Work task ▸ Take the entries that follow and return exactly the lines from the one holding "text (as_str dtype)" through the one holding "data: Record<string, unknown[]>", both included. Nothing else is needed.

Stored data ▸
◇ ◇ ◇ ◇ ◇

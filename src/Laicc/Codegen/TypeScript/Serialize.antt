-- ===== src/Laicc/Codegen/TypeScript/Serialize.antt =====
-- crates/laicc/src/codegen/typescript_serialize.rs: the generated `toIpc`.
use laic.Prelude.{Bool, true, false, String, List, [], ◌∷◌, ◌++◌}
use laic.Prelude.Detail.{Detail, text}
use laic.Laicc.Ast.{
  TensorElementType, as_str, Dimension, LaicType, tensor, list, optional, FieldDef, StructDef,
  SkillDef,
}
use laic.Laicc.Validate.Types.{is_optional}
use laic.Laicc.Codegen.Emitted.{for_each}
use laic.Laicc.Codegen.Text.{typescript_string_literal}
use laic.Laicc.Codegen.Rust.Types.{show_bool}
use laic.Laicc.Codegen.TypeScript.Types.{format_ts_dims, ts_arrow_datatype}

unfoldable pub emit_tensor_schema_field :
    String → String → Bool → TensorElementType → List Dimension → Detail
emit_tensor_schema_field field_name arrow_type nullable dtype dims =
    text "      new arrow.Field(\""
      ∷ text field_name
      ∷ text "\", "
      ∷ text arrow_type
      ∷ text ", "
      ∷ text (show_bool nullable)
      ∷ text ", new Map([\n"
      ∷ text "        [\"laic.tensor.dtype\", \""
      ∷ text (as_str dtype)
      ∷ text "\"],\n"
      ∷ text "        [\"laic.tensor.shape\", \""
      ∷ format_ts_dims dims
    ++ text "\"],\n" ∷ text "        [\"laic.tensor.version\", \"1\"],\n" ∷ text "      ])),\n" ∷ []

abbrev pub schema_field : String → LaicType → Detail
schema_field name (tensor dtype dims) =
    emit_tensor_schema_field name "new arrow.Binary()" false dtype dims
schema_field name (list (tensor dtype dims)) =
    emit_tensor_schema_field name
      "new arrow.List(new arrow.Field(\"item\", new arrow.Binary(), false))" false dtype dims
schema_field name (optional (tensor dtype dims)) =
    emit_tensor_schema_field name "new arrow.Binary()" true dtype dims
schema_field name ty =
    text "      new arrow.Field(\"" ∷ text name ∷ text "\", " ∷ ts_arrow_datatype ty
    ++ text ", " ∷ text (show_bool (is_optional ty)) ∷ text "),\n" ∷ []

unfoldable pub emit_schema_field : FieldDef → Detail
emit_schema_field field = schema_field field.name field.ty

abbrev pub data_entry : FieldDef → Detail
data_entry field =
    text "      \"" ∷ text field.name ∷ text "\": [this." ∷ text field.name ∷ text "],\n" ∷ []

unfoldable pub generate_to_ipc : SkillDef → StructDef → String → String → Detail
generate_to_ipc skill def direction version =
    text "  toIpc(): Uint8Array {\n"
      ∷ text "    const schema = new arrow.Schema([\n"
      ∷ for_each emit_schema_field def.fields
    ++ text "    ], new Map([\n"
      ∷ text "      [\"laic.skill_id\", "
      ∷ typescript_string_literal skill.id
    ++ text "],\n" ∷ text "      [\"laic.version\", " ∷ typescript_string_literal version
    ++ text "],\n"
      ∷ text "      [\"laic.direction\", \""
      ∷ text direction
      ∷ text "\"],\n"
      ∷ text "    ]));\n\n"
      ∷ text "    const data: Record<string, unknown[]> = {\n"
      ∷ for_each data_entry def.fields
    ++ text "    };\n\n"
      ∷ text "    const columns: Record<string, arrow.Vector> = {};\n"
      ∷ text "    for (const field of schema.fields) {\n"
      ∷ text "      columns[field.name] = arrow.vectorFromArray(data[field.name], field.type);\n"
      ∷ text "    }\n"
      ∷ text "    const table = new arrow.Table(schema, columns as any);\n"
      ∷ text "    return arrow.tableToIPC(table);\n"
      ∷ text "  }\n\n"
      ∷ []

◇ ◇ ◇ ◇ ◇

Exercise answer ▸
      ∷ text (as_str dtype)
      ∷ text "\"],\n"
      ∷ text "        [\"laic.tensor.shape\", \""
      ∷ format_ts_dims dims
    ++ text "\"],\n" ∷ text "        [\"laic.tensor.version\", \"1\"],\n" ∷ text "      ])),\n" ∷ []

abbrev pub schema_field : String → LaicType → Detail
schema_field name (tensor dtype dims) =
    emit_tensor_schema_field name "new arrow.Binary()" false dtype dims
schema_field name (list (tensor dtype dims)) =
    emit_tensor_schema_field name
      "new arrow.List(new arrow.Field(\"item\", new arrow.Binary(), false))" false dtype dims
schema_field name (optional (tensor dtype dims)) =
    emit_tensor_schema_field name "new arrow.Binary()" true dtype dims
schema_field name ty =
    text "      new arrow.Field(\"" ∷ text name ∷ text "\", " ∷ ts_arrow_datatype ty
    ++ text ", " ∷ text (show_bool (is_optional ty)) ∷ text "),\n" ∷ []

unfoldable pub emit_schema_field : FieldDef → Detail
emit_schema_field field = schema_field field.name field.ty

abbrev pub data_entry : FieldDef → Detail
data_entry field =
    text "      \"" ∷ text field.name ∷ text "\": [this." ∷ text field.name ∷ text "],\n" ∷ []

unfoldable pub generate_to_ipc : SkillDef → StructDef → String → String → Detail
generate_to_ipc skill def direction version =
    text "  toIpc(): Uint8Array {\n"
      ∷ text "    const schema = new arrow.Schema([\n"
      ∷ for_each emit_schema_field def.fields
    ++ text "    ], new Map([\n"
      ∷ text "      [\"laic.skill_id\", "
      ∷ typescript_string_literal skill.id
    ++ text "],\n" ∷ text "      [\"laic.version\", " ∷ typescript_string_literal version
    ++ text "],\n"
      ∷ text "      [\"laic.direction\", \""
      ∷ text direction
      ∷ text "\"],\n"
      ∷ text "    ]));\n\n"
      ∷ text "    const data: Record<string, unknown[]> = {\n"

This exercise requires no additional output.